Tuesday night at the Poetry Foundation a bunch of people gathered to honor the great Chicago short-story writer and poet Stuart Dybek. My pal, Bill Savage, was the MC and there were many speakers. I drew them all except Bill, who wasn’t ever at the podium for more than a minute or two.
The poets, especially Mark Turcotte, were by far the best readers. This shouldn’t have been a surprise since poems so often depend on sound for their power. But still, it struck me that there’s a world of difference between the unfortunate instances when I have to speak publicly and what I watched Turcotte do. Of course it doesn’t hurt when you have killer material to work with. Dybek is one of the best sentence-to-sentence writer I know.
There was a slideshow running behind the speakers which occasionally featured the illustrations I made for an unpublished Dybek story called “Vigil” for Independent Bookstore Day. It felt good to be a small part of the celebration.
Afterwards I came up to Dybek and he couldn’t place me until I said my name. He said I looked different by way of apology. This has been happening a lot. I seem to look different all the time. Or maybe I’m just that forgettable. Dybek said that I drawing I sent him a year or two ago was the only decoration while he was teaching at Berkeley for a semester. Hearing that was more than made up for not being recognized.

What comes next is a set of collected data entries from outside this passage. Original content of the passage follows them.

-- ===== src/Clients/Validity.antt =====
-- internal/state/sqlite/clients.go: what the rows of `client_runtime` satisfy between transactions.
use passwall_node.Prelude.{
  ℕ, ◌+◌, ◌≡◌, refl, Bool, false, not, ◌||◌, some, List, [], ◌∷◌, String, ◌==◌, ℤ, is_negative,
  to_ℕ, is_empty, str_eq, if◌then◌else◌, Result, ok, err, All, All-append, arith, Bool-cases,
  Option-cases, Result-cases, inl, inr, >>=-eq-ok, transact,
}
use passwall_node.Clients.{
  ensure_client, apply_client_counter, update_counters, apply_quota, apply_scheduled_quota_tx,
  apply_scheduled_quota, scheduled_loop, apply_scheduled_quotas, count_row, grant_row, rollover_row,
  is_given, grant_refused, due_keys,
}
use passwall_node.Clients.Addresses.{sort_texts}
use passwall_node.Clients.Rows.{
  ClientRuntime, CounterUpdate, QuotaGrant, Platform, new_client, find_client, put_client,
}
use passwall_node.Clients.Ceiling.{derive_gate}
use passwall_node.Clients.Table.{find_client-All, put_client-All}

-- The gate is the one that the counters and the grant give, and each half of a grant has its other half.
abbrev pub IsValid : ClientRuntime → Type 0
IsValid c =
    (derive_gate c.up_bytes c.down_bytes c.baseline_bytes c.headroom_bytes ≡ ok c.gate)
    × (is_given c.baseline_bytes ≡ is_given c.headroom_bytes)
    × (not (c.period_ends_at_ms == 0) ≡ is_given c.next_period_headroom_bytes)

new_client-IsValid : (key subject : String) (at_ms : ℕ) → IsValid (new_client key subject at_ms)
unfolding derive_gate
new_client-IsValid key subject at_ms = (refl, refl, refl)

module _ (platform : Platform) where
  pub count_row-IsValid :
      (u : CounterUpdate) (at_ms : ℕ) (c new : ClientRuntime)
      → IsValid c
      → count_row platform u at_ms c ≡ ok new
      → IsValid new
  unfolding count_row
  count_row-IsValid u at_ms c new v h = ground (arith, h, v)

  grant_row-IsValid :
      (key : String) (g : QuotaGrant) (at_ms : ℕ) (now : ℤ) (c new : ClientRuntime)
      → grant_refused key g now ≡ false
      → IsValid c
      → grant_row platform g at_ms c ≡ ok new
      → IsValid new
  unfolding grant_row grant_refused
  grant_row-IsValid key g at_ms now c new r v h = ground (arith, h, v, r)

  rollover_row-IsValid :
      (now : ℕ) (c new : ClientRuntime) → rollover_row platform now c ≡ ok new → IsValid new
  unfolding rollover_row
  rollover_row-IsValid now c new h = ground (arith, h)

  put_found :
      (m : ClientRuntime → Result ClientRuntime) (key : String) (rows : List ClientRuntime)
      (keeps : (c new : ClientRuntime) → IsValid c → m c ≡ ok new → IsValid new)
      {c new : ClientRuntime}
      → All IsValid rows
      → find_client key rows ≡ some c
      → m c ≡ ok new
      → All IsValid (put_client new rows)
  put_found m key rows keeps {c} {new} vs f h =
      put_client-All IsValid new rows (keeps c new (find_client-All IsValid key rows vs f) h) vs

  apply_client_counter-IsValid :
      (u : CounterUpdate) (at_ms : ℤ) (rows : List ClientRuntime) {r : List ClientRuntime × Bool}
      → All IsValid rows
      → apply_client_counter platform u at_ms rows ≡ ok r
      → All IsValid r.0
  unfolding apply_client_counter
  apply_client_counter-IsValid u at_ms rows vs h = elim (Option-cases (find_client u.key rows)) [
    | inl f ↦ ground (arith, h, f)
    | inr (c, f) ↦ elim (Result-cases (count_row platform u (to_ℕ at_ms) c)) [
      | inl (new, e) ↦ ground (
        arith,
        h,
        f,
        e,
        put_found (count_row platform u (to_ℕ at_ms)) u.key rows (count_row-IsValid u (to_ℕ at_ms))
            vs f e,
      )
      | inr (x, e) ↦ ground (arith, h, f, e)
    ]
  ]

  apply_scheduled_quota_tx-IsValid :
      (key : String) (now : ℤ) (rows : List ClientRuntime) {r : List ClientRuntime × Bool}
      → All IsValid rows
      → apply_scheduled_quota_tx platform key now rows ≡ ok r
      → All IsValid r.0
  unfolding apply_scheduled_quota_tx
  apply_scheduled_quota_tx-IsValid key now rows vs h = elim (Option-cases (find_client key rows)) [
    | inl f ↦ ground (arith, h, f)
    | inr (c, f) ↦ elim (Result-cases (rollover_row platform (to_ℕ now) c)) [
      | inl (new, e) ↦ ground (
        arith,
        h,
        f,
        e,
        vs,
        put_found (rollover_row platform (to_ℕ now)) key rows
            (λ c new _ e. rollover_row-IsValid (to_ℕ now) c new e) vs f e,
      )
      | inr (x, e) ↦ ground (arith, h, f, e, vs)
    ]
  ]

  scheduled_loop-IsValid :
      (now : ℤ) (keys : List String) (n : ℕ) (rows : List ClientRuntime)
      {r : List ClientRuntime × ℕ}
      → All IsValid rows
      → scheduled_loop platform now keys n rows ≡ ok r
      → All IsValid r.0
  unfolding scheduled_loop
  scheduled_loop-IsValid now [] n rows vs h = ground (arith, h, vs)
  scheduled_loop-IsValid now (key ∷ keys) n rows vs h =
      let (r, first, rest) = >>=-eq-ok (apply_scheduled_quota_tx platform key now rows) _ h in
      scheduled_loop-IsValid now keys (if r.1 then n + 1 else n) r.0
        (apply_scheduled_quota_tx-IsValid key now rows vs first) rest

  -- The rows that a transaction leaves, when each success keeps them valid.
  transact-IsValid :
      {A : Type 0} (rows : List ClientRuntime) (m : Result (List ClientRuntime × A))
      → All IsValid rows
      → ((r : List ClientRuntime × A) → m ≡ ok r → All IsValid r.0)
      → All IsValid (transact rows m).0
  transact-IsValid rows (ok r) vs keeps = keeps r refl
  transact-IsValid rows (err e) vs keeps = vs

  quota_body-IsValid :
      (key : String) (g : QuotaGrant) (at_ms : ℤ) (rows : List ClientRuntime)
      → All IsValid rows
      → All IsValid (apply_quota platform key g at_ms rows).0
  unfolding apply_quota
  quota_body-IsValid key g at_ms rows vs = elim (Bool-cases (grant_refused key g at_ms)) [
    | inl e ↦ rw e vs
    | inr e ↦ elim (Option-cases (find_client key rows)) [
      | inl f ↦ rw (e, f) vs
      | inr (c, f) ↦ elim (Bool-cases (str_eq c.quota_fingerprint (platform.quota_fingerprint g))) [
        | inl same ↦ rw (e, f) (rw same vs)
        | inr new ↦ elim (Result-cases (grant_row platform g (to_ℕ at_ms) c)) [
          | inl (new, w) ↦ ground (
            arith,
            e,
            f,
            w,
            put_found (grant_row platform g (to_ℕ at_ms)) key rows
                (λ c new v x. grant_row-IsValid key g (to_ℕ at_ms) at_ms c new e v x) vs f w,
          )
          | inr (x, w) ↦ ground (arith, e, f, w, vs)
        ]
      ]
    ]
  ]

-- One transaction on the table.
pub data Step (platform : Platform) : List ClientRuntime → List ClientRuntime → Type 0 where
  ensured :
      (key subject : String) (at_ms : ℤ) (rows : List ClientRuntime)
      → Step platform rows (ensure_client key subject at_ms rows).0
  counted_up :
      (u : CounterUpdate) (at_ms : ℤ) (rows : List ClientRuntime)
      → Step platform rows (update_counters platform u at_ms rows).0
  quota_applied :
      (key : String) (g : QuotaGrant) (at_ms : ℤ) (rows : List ClientRuntime)
      → Step platform rows (apply_quota platform key g at_ms rows).0
  scheduled :
      (key : String) (now : ℤ) (rows : List ClientRuntime)
      → Step platform rows (apply_scheduled_quota platform key now rows).0
  all_scheduled :
      (now : ℤ) (rows : List ClientRuntime)
      → Step platform rows (apply_scheduled_quotas platform now rows).0

-- The tables that transactions make of an empty one.
pub data Reachable (platform : Platform) : List ClientRuntime → Type 0 where
  empty : Reachable platform []
  after :
      {rows rows' : List ClientRuntime}
      → Reachable platform rows
      → Step platform rows rows'
      → Reachable platform rows'

ensure_client-IsValid :
    (key subject : String) (at_ms : ℤ) (rows : List ClientRuntime)
    → All IsValid rows
    → All IsValid (ensure_client key subject at_ms rows).0
unfolding ensure_client
ensure_client-IsValid key subject at_ms rows vs =
    let ext =
      All-append IsValid rows (new_client key subject (to_ℕ at_ms) ∷ []) vs
        (new_client-IsValid key subject (to_ℕ at_ms), tt) in
    elim (Bool-cases (is_empty key || is_empty subject || is_negative at_ms)) [
      | inl e ↦ rw e vs
      | inr e ↦ elim (Option-cases (find_client key rows)) [
        | inl f ↦ rw (e, f) ext
        | inr (c, f) ↦ rw (e, f) vs
      ]
    ]

-- A transaction, whichever it is and whether it succeeds or fails, keeps every row valid.
pub Step-IsValid :
    (platform : Platform) {rows rows' : List ClientRuntime}
    → Step platform rows rows'
    → All IsValid rows
    → All IsValid rows'
unfolding update_counters apply_scheduled_quota apply_scheduled_quotas
Step-IsValid p (ensured key subject at_ms rows) vs = ensure_client-IsValid key subject at_ms rows vs
Step-IsValid p (counted_up u at_ms rows) vs =
    transact-IsValid p rows (apply_client_counter p u at_ms rows) vs
      (λ r h. apply_client_counter-IsValid p u at_ms rows vs h)
Step-IsValid p (quota_applied key g at_ms rows) vs = quota_body-IsValid p key g at_ms rows vs
Step-IsValid p (scheduled key now rows) vs =
    transact-IsValid p rows (apply_scheduled_quota_tx p key now rows) vs
      (λ r h. apply_scheduled_quota_tx-IsValid p key now rows vs h)
Step-IsValid p (all_scheduled now rows) vs =
    transact-IsValid p rows (scheduled_loop p now (sort_texts (due_keys now rows)) 0 rows) vs
      (λ r h. scheduled_loop-IsValid p now (sort_texts (due_keys now rows)) 0 rows vs h)

-- In every table that transactions make of an empty one, each client's gate is the one that its
-- counters, baseline and headroom give, it has a baseline exactly if it has a headroom, and it has a
-- deadline of the period exactly if it has a headroom for the next one.
pub Reachable-IsValid :
    (platform : Platform) {rows : List ClientRuntime} → Reachable platform rows → All IsValid rows
Reachable-IsValid p empty = tt
Reachable-IsValid p (after r s) = Step-IsValid p s (Reachable-IsValid p r)
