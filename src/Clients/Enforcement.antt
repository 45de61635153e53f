-- ===== src/Clients/Enforcement.antt =====
-- internal/state/sqlite/clients.go: what a client's quota gate and counters go through.
use passwall_node.Prelude.{
  ℕ, ◌≤◌, ◌<◌, ◌≡◌, sym, subst, Bool, Option, none, some, List, ℤ, to_ℕ, ok, arith, Option-cases,
  Result-cases, ◌⊎◌, inl, inr, transact-ok,
}
use passwall_node.Clients.{update_counters, apply_client_counter, count_row, rolls_back}
use passwall_node.Clients.Rows.{Gate, closed, ClientRuntime, CounterUpdate, Platform, find_client}
use passwall_node.Clients.Ceiling.{derive_gate, add_bytes}
use passwall_node.Clients.Table.{find_client-All, find_client-put_client_key}
use passwall_node.Clients.Validity.{IsValid, Reachable, Reachable-IsValid, count_row-IsValid}

-- The counters of `d` are those of a later epoch, or none of them is below that of `c`.
abbrev pub Follows : ClientRuntime → ClientRuntime → Type 0
Follows c d =
    (c.counter_epoch < d.counter_epoch)
    ⊎ ((c.counter_epoch ≡ d.counter_epoch)
        × (c.up_bytes ≤ d.up_bytes)
        × (c.down_bytes ≤ d.down_bytes))

-- The columns that an update of the counters leaves as they were.
abbrev pub KeepsGrant : ClientRuntime → ClientRuntime → Type 0
KeepsGrant c d =
    (d.key ≡ c.key)
    × (d.subject ≡ c.subject)
    × (d.baseline_bytes ≡ c.baseline_bytes)
    × (d.headroom_bytes ≡ c.headroom_bytes)
    × (d.period_ends_at_ms ≡ c.period_ends_at_ms)
    × (d.next_period_headroom_bytes ≡ c.next_period_headroom_bytes)
    × (d.quota_fingerprint ≡ c.quota_fingerprint)

module _ (platform : Platform) where
  count_row-Follows :
      (u : CounterUpdate) (at_ms : ℕ) (c new : ClientRuntime)
      → count_row platform u at_ms c ≡ ok new
      → Follows c new × KeepsGrant c new × (new.counter_epoch ≡ u.counter_epoch)
  unfolding count_row rolls_back
  count_row-Follows u at_ms c new h = ground (arith, h)

  derive_gate_closed :
      (up down up' down' : ℕ) (b h : Option ℕ) (g : Gate)
      → up ≤ up'
      → down ≤ down'
      → derive_gate up down b h ≡ ok closed
      → derive_gate up' down' b h ≡ ok g
      → g ≡ closed
  unfolding derive_gate add_bytes
  derive_gate_closed up down up' down' none h g x y e f = ground (arith, e)
  derive_gate_closed up down up' down' (some b) none g x y e f = ground (arith, e)
  derive_gate_closed up down up' down' (some b) (some h) g x y e f = ground (arith, e, f, x, y)

  count_row_closed :
      (u : CounterUpdate) (at_ms : ℕ) (c new : ClientRuntime)
      → IsValid c
      → c.gate ≡ closed
      → u.counter_epoch ≡ c.counter_epoch
      → count_row platform u at_ms c ≡ ok new
      → new.gate ≡ closed
  count_row_closed u at_ms c new v shut same h =
      let (a, k, e) = count_row-Follows u at_ms c new h in
      let v' = (count_row-IsValid platform u at_ms c new v h).0 in
      let first : derive_gate c.up_bytes c.down_bytes c.baseline_bytes c.headroom_bytes
          ≡ ok closed =
        subst (λ g. derive_gate c.up_bytes c.down_bytes c.baseline_bytes c.headroom_bytes ≡ ok g)
          shut v.0 in
      let later : derive_gate new.up_bytes new.down_bytes c.baseline_bytes c.headroom_bytes
          ≡ ok new.gate =
        rw (sym k.2, sym k.3) v' in
      derive_gate_closed c.up_bytes c.down_bytes new.up_bytes new.down_bytes c.baseline_bytes
        c.headroom_bytes new.gate (ground (arith, a, e, same)) (ground (arith, a, e, same)) first
        later

  -- What a successful update has done to the row of its client.
  update_counters_lem :
      (u : CounterUpdate) (at_ms : ℤ) (rows rows' : List ClientRuntime) (changed : Bool)
      → update_counters platform u at_ms rows ≡ (rows', ok changed)
      → (c new : ClientRuntime) × (find_client u.key rows ≡ some c)
        × (find_client u.key rows' ≡ some new)
        × (count_row platform u (to_ℕ at_ms) c ≡ ok new)
  unfolding update_counters apply_client_counter
  update_counters_lem u at_ms rows rows' changed h =
      let e = transact-ok rows (apply_client_counter platform u at_ms rows) h in
      elim (Option-cases (find_client u.key rows)) [
        | inl f ↦ ground (arith, e, f)
        | inr (c, f) ↦ elim (Result-cases (count_row platform u (to_ℕ at_ms) c)) [
          | inl (new, w) ↦
              (let (_, k, _) = count_row-Follows u (to_ℕ at_ms) c new w in
                (
                  c,
                  new,
                  f,
                  ground (arith, e, f, w, find_client-put_client_key u.key c new rows f k.0),
                  w,
                ))
          | inr (x, w) ↦ ground (arith, e, f, w)
        ]
      ]

  -- When a client's counters are updated with success, the table held the client, its counters are
  -- afterwards of a later epoch or none of them is below what it was, and the update leaves the
  -- subject, the grant (baseline, headroom, the end of the period and the next headroom) and its
  -- fingerprint as they were.
  pub update_counters_follow :
      (u : CounterUpdate) (at_ms : ℤ) (rows rows' : List ClientRuntime) (changed : Bool)
      → update_counters platform u at_ms rows ≡ (rows', ok changed)
      → (c new : ClientRuntime) × (find_client u.key rows ≡ some c)
        × (find_client u.key rows' ≡ some new)
        × Follows c new
        × KeepsGrant c new
  update_counters_follow u at_ms rows rows' changed h =
      let (c, new, f, f', w) = update_counters_lem u at_ms rows rows' changed h in
      let (a, b, _) = count_row-Follows u (to_ℕ at_ms) c new w in (c, new, f, f', a, b)

  -- A client whose gate is closed, in a table that transactions make of an empty one, still has a
  -- closed gate after a successful update of its counters within the same epoch.
  pub closed_stays_closed :
      (u : CounterUpdate) (at_ms : ℤ) (rows rows' : List ClientRuntime) (changed : Bool)
      (c : ClientRuntime)
      → Reachable platform rows
      → find_client u.key rows ≡ some c
      → c.gate ≡ closed
      → u.counter_epoch ≡ c.counter_epoch
      → update_counters platform u at_ms rows ≡ (rows', ok changed)
      → (new : ClientRuntime) × (find_client u.key rows' ≡ some new) × (new.gate ≡ closed)
  closed_stays_closed u at_ms rows rows' changed c r f shut same h =
      let (d, new, f0, f', w) = update_counters_lem u at_ms rows rows' changed h in
      let all = Reachable-IsValid platform r in
      let v = find_client-All IsValid u.key rows all f0 in
      let v' = count_row-IsValid platform u (to_ℕ at_ms) d new v w in
      let (a, b, e) = count_row-Follows u (to_ℕ at_ms) d new w in
      let here : d ≡ c = ground (arith, f0, f) in
      (
        new,
        f',
        count_row_closed u (to_ℕ at_ms) d new v (subst (λ x. x.gate ≡ closed) (sym here) shut)
            (subst (λ x. u.counter_epoch ≡ x.counter_epoch) (sym here) same) w,
      )
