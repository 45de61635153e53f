-- ===== src/Clients/Rollover.antt =====
-- internal/state/sqlite/clients.go: a grant that is delivered again, and the period that rolls over.
use passwall_node.Prelude.{
  ℕ, ◌+◌, ◌≡◌, refl, sym, subst, Bool, true, false, none, some, List, String, ◌==◌, ℤ, is_negative,
  to_ℕ, str_eq, str_eq→eq, str_eq_refl, if◌then◌else◌, ok, arith, Bool-cases, Option-cases,
  Result-cases, ◌⊎◌, inl, inr, transact-ok, checked_add,
}
use passwall_node.Clients.{
  apply_quota, apply_scheduled_quota_tx, apply_scheduled_quota, grant_row, rollover_row,
  grant_refused,
}
use passwall_node.Clients.Rows.{armed, closed, ClientRuntime, QuotaGrant, Platform, find_client}
use passwall_node.Clients.Ceiling.{derive_gate, add_bytes}
use passwall_node.Clients.Table.{find_client-put_client_key}

-- `d` is `c` after a rollover to the headroom `h`: what was used is the baseline, the headroom is the
-- one of the grant's next period, no deadline is left, and the gate is closed exactly if `h` is 0.
abbrev pub RolledOver : ℕ → ClientRuntime → ClientRuntime → Type 0
RolledOver h c d =
    (c.next_period_headroom_bytes ≡ some h)
    × (d.baseline_bytes ≡ some (c.up_bytes + c.down_bytes))
    × (d.headroom_bytes ≡ some h)
    × (d.period_ends_at_ms ≡ 0)
    × (d.next_period_headroom_bytes ≡ none)
    × (d.gate ≡ (if h == 0 then closed else armed))
    × (d.up_bytes ≡ c.up_bytes)
    × (d.down_bytes ≡ c.down_bytes)
    × (d.quota_fingerprint ≡ c.quota_fingerprint)

-- The row of the client has the fingerprint `print`.
abbrev HoldsGrant : String → String → List ClientRuntime → Type 0
HoldsGrant print key rows =
    (c : ClientRuntime) × (find_client key rows ≡ some c) × (c.quota_fingerprint ≡ print)

module _ (platform : Platform) where
  rollover_row-RolledOver :
      (now : ℕ) (c new : ClientRuntime)
      → rollover_row platform now c ≡ ok new
      → (h : ℕ) × RolledOver h c new × (new.key ≡ c.key)
  unfolding rollover_row add_bytes derive_gate checked_add
  rollover_row-RolledOver now c new e = elim (Option-cases c.next_period_headroom_bytes) [
    | inl none_given ↦ ground (arith, e, none_given)
    | inr (h, given) ↦ (h, ground (arith, e, given), ground (arith, e, given))
  ]

  scheduled_lem :
      (key : String) (now : ℤ) (rows rows' : List ClientRuntime) (applied : Bool)
      → apply_scheduled_quota platform key now rows ≡ (rows', ok applied)
      → (c : ClientRuntime) × (find_client key rows ≡ some c)
        × (((applied ≡ false) × (rows' ≡ rows))
            ⊎ ((new : ClientRuntime) × (applied ≡ true)
                × (find_client key rows' ≡ some new)
                × (h : ℕ) × RolledOver h c new))
  unfolding apply_scheduled_quota apply_scheduled_quota_tx
  scheduled_lem key now rows rows' applied e =
      let t = transact-ok rows (apply_scheduled_quota_tx platform key now rows) e in
      elim (Option-cases (find_client key rows)) [
        | inl f ↦ ground (arith, t, f)
        | inr (c, f) ↦ (
          c,
          f,
          elim (Bool-cases
              (platform.refresh_due c.period_ends_at_ms c.next_period_headroom_bytes now)) [
                | inl due ↦ elim (Result-cases (rollover_row platform (to_ℕ now) c)) [
                  | inl (new, w) ↦
                      (let (h, r, k) = rollover_row-RolledOver (to_ℕ now) c new w in
                        inr (
                          new,
                          ground (arith, t, f, due, w),
                          ground
                              (arith, t, f, due, w, find_client-put_client_key key c new rows f k),
                          h,
                          r,
                        ))
                  | inr (x, w) ↦ ground (arith, t, f, due, w)
                ]
                | inr early ↦ inl (ground (arith, t, f, early))
              ],
        )
      ]

  -- When a scheduled rollover of a client's quota is applied, the client had a headroom for its next
  -- period, which is its headroom from then on; what it has used is its baseline, no deadline is left,
  -- the counters stay, and the gate is closed exactly if that headroom is 0.
  pub scheduled_rollover :
      (key : String) (now : ℤ) (rows rows' : List ClientRuntime)
      → apply_scheduled_quota platform key now rows ≡ (rows', ok true)
      → (c new : ClientRuntime) × (h : ℕ) × (find_client key rows ≡ some c)
        × (find_client key rows' ≡ some new)
        × RolledOver h c new
  scheduled_rollover key now rows rows' e =
      let (c, f, o) = scheduled_lem key now rows rows' true e in
      elim o [
        | inl (early, _) ↦ ground (arith, early)
        | inr (new, _, f', h, r) ↦ (c, new, h, f, f', r)
      ]

  apply_quota_lem :
      (key : String) (g : QuotaGrant) (at_ms : ℤ) (rows rows' : List ClientRuntime)
      → apply_quota platform key g at_ms rows ≡ (rows', ok tt)
      → (grant_refused key g at_ms ≡ false) × HoldsGrant (platform.quota_fingerprint g) key rows'
  unfolding apply_quota grant_row
  apply_quota_lem key g at_ms rows rows' e = elim (Bool-cases (grant_refused key g at_ms)) [
    | inl r ↦ ground (arith, e, r)
    | inr r ↦ (
      r,
      elim (Option-cases (find_client key rows)) [
        | inl f ↦ ground (arith, e, r, f)
        | inr (c, f) ↦
            elim (Bool-cases (str_eq c.quota_fingerprint (platform.quota_fingerprint g))) [
              | inl same ↦ (
                c,
                ground (arith, e, r, f, same),
                str_eq→eq c.quota_fingerprint (platform.quota_fingerprint g) same,
              )
              | inr other ↦ elim (Result-cases (grant_row platform g (to_ℕ at_ms) c)) [
                | inl (new, w) ↦ (
                  new,
                  ground (
                    arith,
                    e,
                    r,
                    f,
                    other,
                    w,
                    find_client-put_client_key key c new rows f (ground (arith, w)),
                  ),
                  ground (arith, w),
                )
                | inr (x, w) ↦ ground (arith, e, r, f, other, w)
              ]
            ]
      ],
    )
  ]

  still_accepted :
      (key : String) (g : QuotaGrant) (at_ms again_ms : ℤ)
      → grant_refused key g at_ms ≡ false
      → is_negative again_ms ≡ false
      → grant_refused key g again_ms ≡ false
  unfolding grant_refused
  still_accepted key g at_ms again_ms r n = ground (arith, r, n)

  known_quota :
      (key : String) (g : QuotaGrant) (at_ms : ℤ) (rows : List ClientRuntime)
      → grant_refused key g at_ms ≡ false
      → HoldsGrant (platform.quota_fingerprint g) key rows
      → apply_quota platform key g at_ms rows ≡ (rows, ok tt)
  unfolding apply_quota
  known_quota key g at_ms rows r (c, f, p) =
      rw (r, f) (rw (p, str_eq_refl (platform.quota_fingerprint g)) refl)

  -- A quota grant that has been applied, and is delivered again after the client's scheduled rollover
  -- was attempted, changes nothing: it succeeds and leaves the table as the rollover left it.
  pub redelivered_quota :
      (key : String) (g : QuotaGrant) (at_ms now again_ms : ℤ)
      (rows rows1 rows2 : List ClientRuntime) (applied : Bool)
      → apply_quota platform key g at_ms rows ≡ (rows1, ok tt)
      → apply_scheduled_quota platform key now rows1 ≡ (rows2, ok applied)
      → is_negative again_ms ≡ false
      → apply_quota platform key g again_ms rows2 ≡ (rows2, ok tt)
  redelivered_quota key g at_ms now again_ms rows rows1 rows2 applied q s n =
      let (r, (c, f, p)) = apply_quota_lem key g at_ms rows rows1 q in
      let (d, f1, o) = scheduled_lem key now rows1 rows2 applied s in
      let ready = still_accepted key g at_ms again_ms r n in
      elim o [
        | inl (_, same) ↦
            known_quota key g again_ms rows2 ready
              (c, subst (λ x. find_client key x ≡ some c) (sym same) f, p)
        | inr (new, _, f2, h, k) ↦
            known_quota key g again_ms rows2 ready (new, f2, ground (arith, k, f, f1, p))
      ]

Friday night I went to Constellation to hear the great jazz/blues/whatever guitarist James “Blood” Ulmer play. The clean-cut young guy at the door greeted me by name but it took me several seconds to register it was Tyler Damon, a great drummer. Maybe it was payback for a few nights back with Dybek, but Tyler did say he’d recently cut off most of his hair. So maybe I’m not the only one trying to go incognito. I looked around the lobby and asked him if Constellation only hired drummers, seeing both Charles Rumback and Mike Reid in front of us.
Ulmer is one of those guys whose thing is a feel. I know his style has something to do with Ornette Coleman but would be hard-pressed to explain what sets him apart. There are just certain people who have their own tone on an instrument and he’s one of those. I haven’t heard him play live in almost thirty years so I was extra grateful for the chance.
Afterwards I ran into Chicago Reader music editor Philip Montoro, who struggled to recall where he knew me from. After I reminded him we had a nice conversation. He couldn’t boil down what set Ulmer apart either.
Saturday morning I took a bus, train, and Divvy to the Music Box for one of only two 35mm screenings of Orson Welles’ The Other Side of the Wind. My friend, Don De Grazia, and I recorded a conversation about it in the lobby next door right after. I’m still chewing over that movie but hope to watch it again on Netflix (which was one of the funders which brought it to the screen forty years after this footage was shot.) I loved every frame while watching it.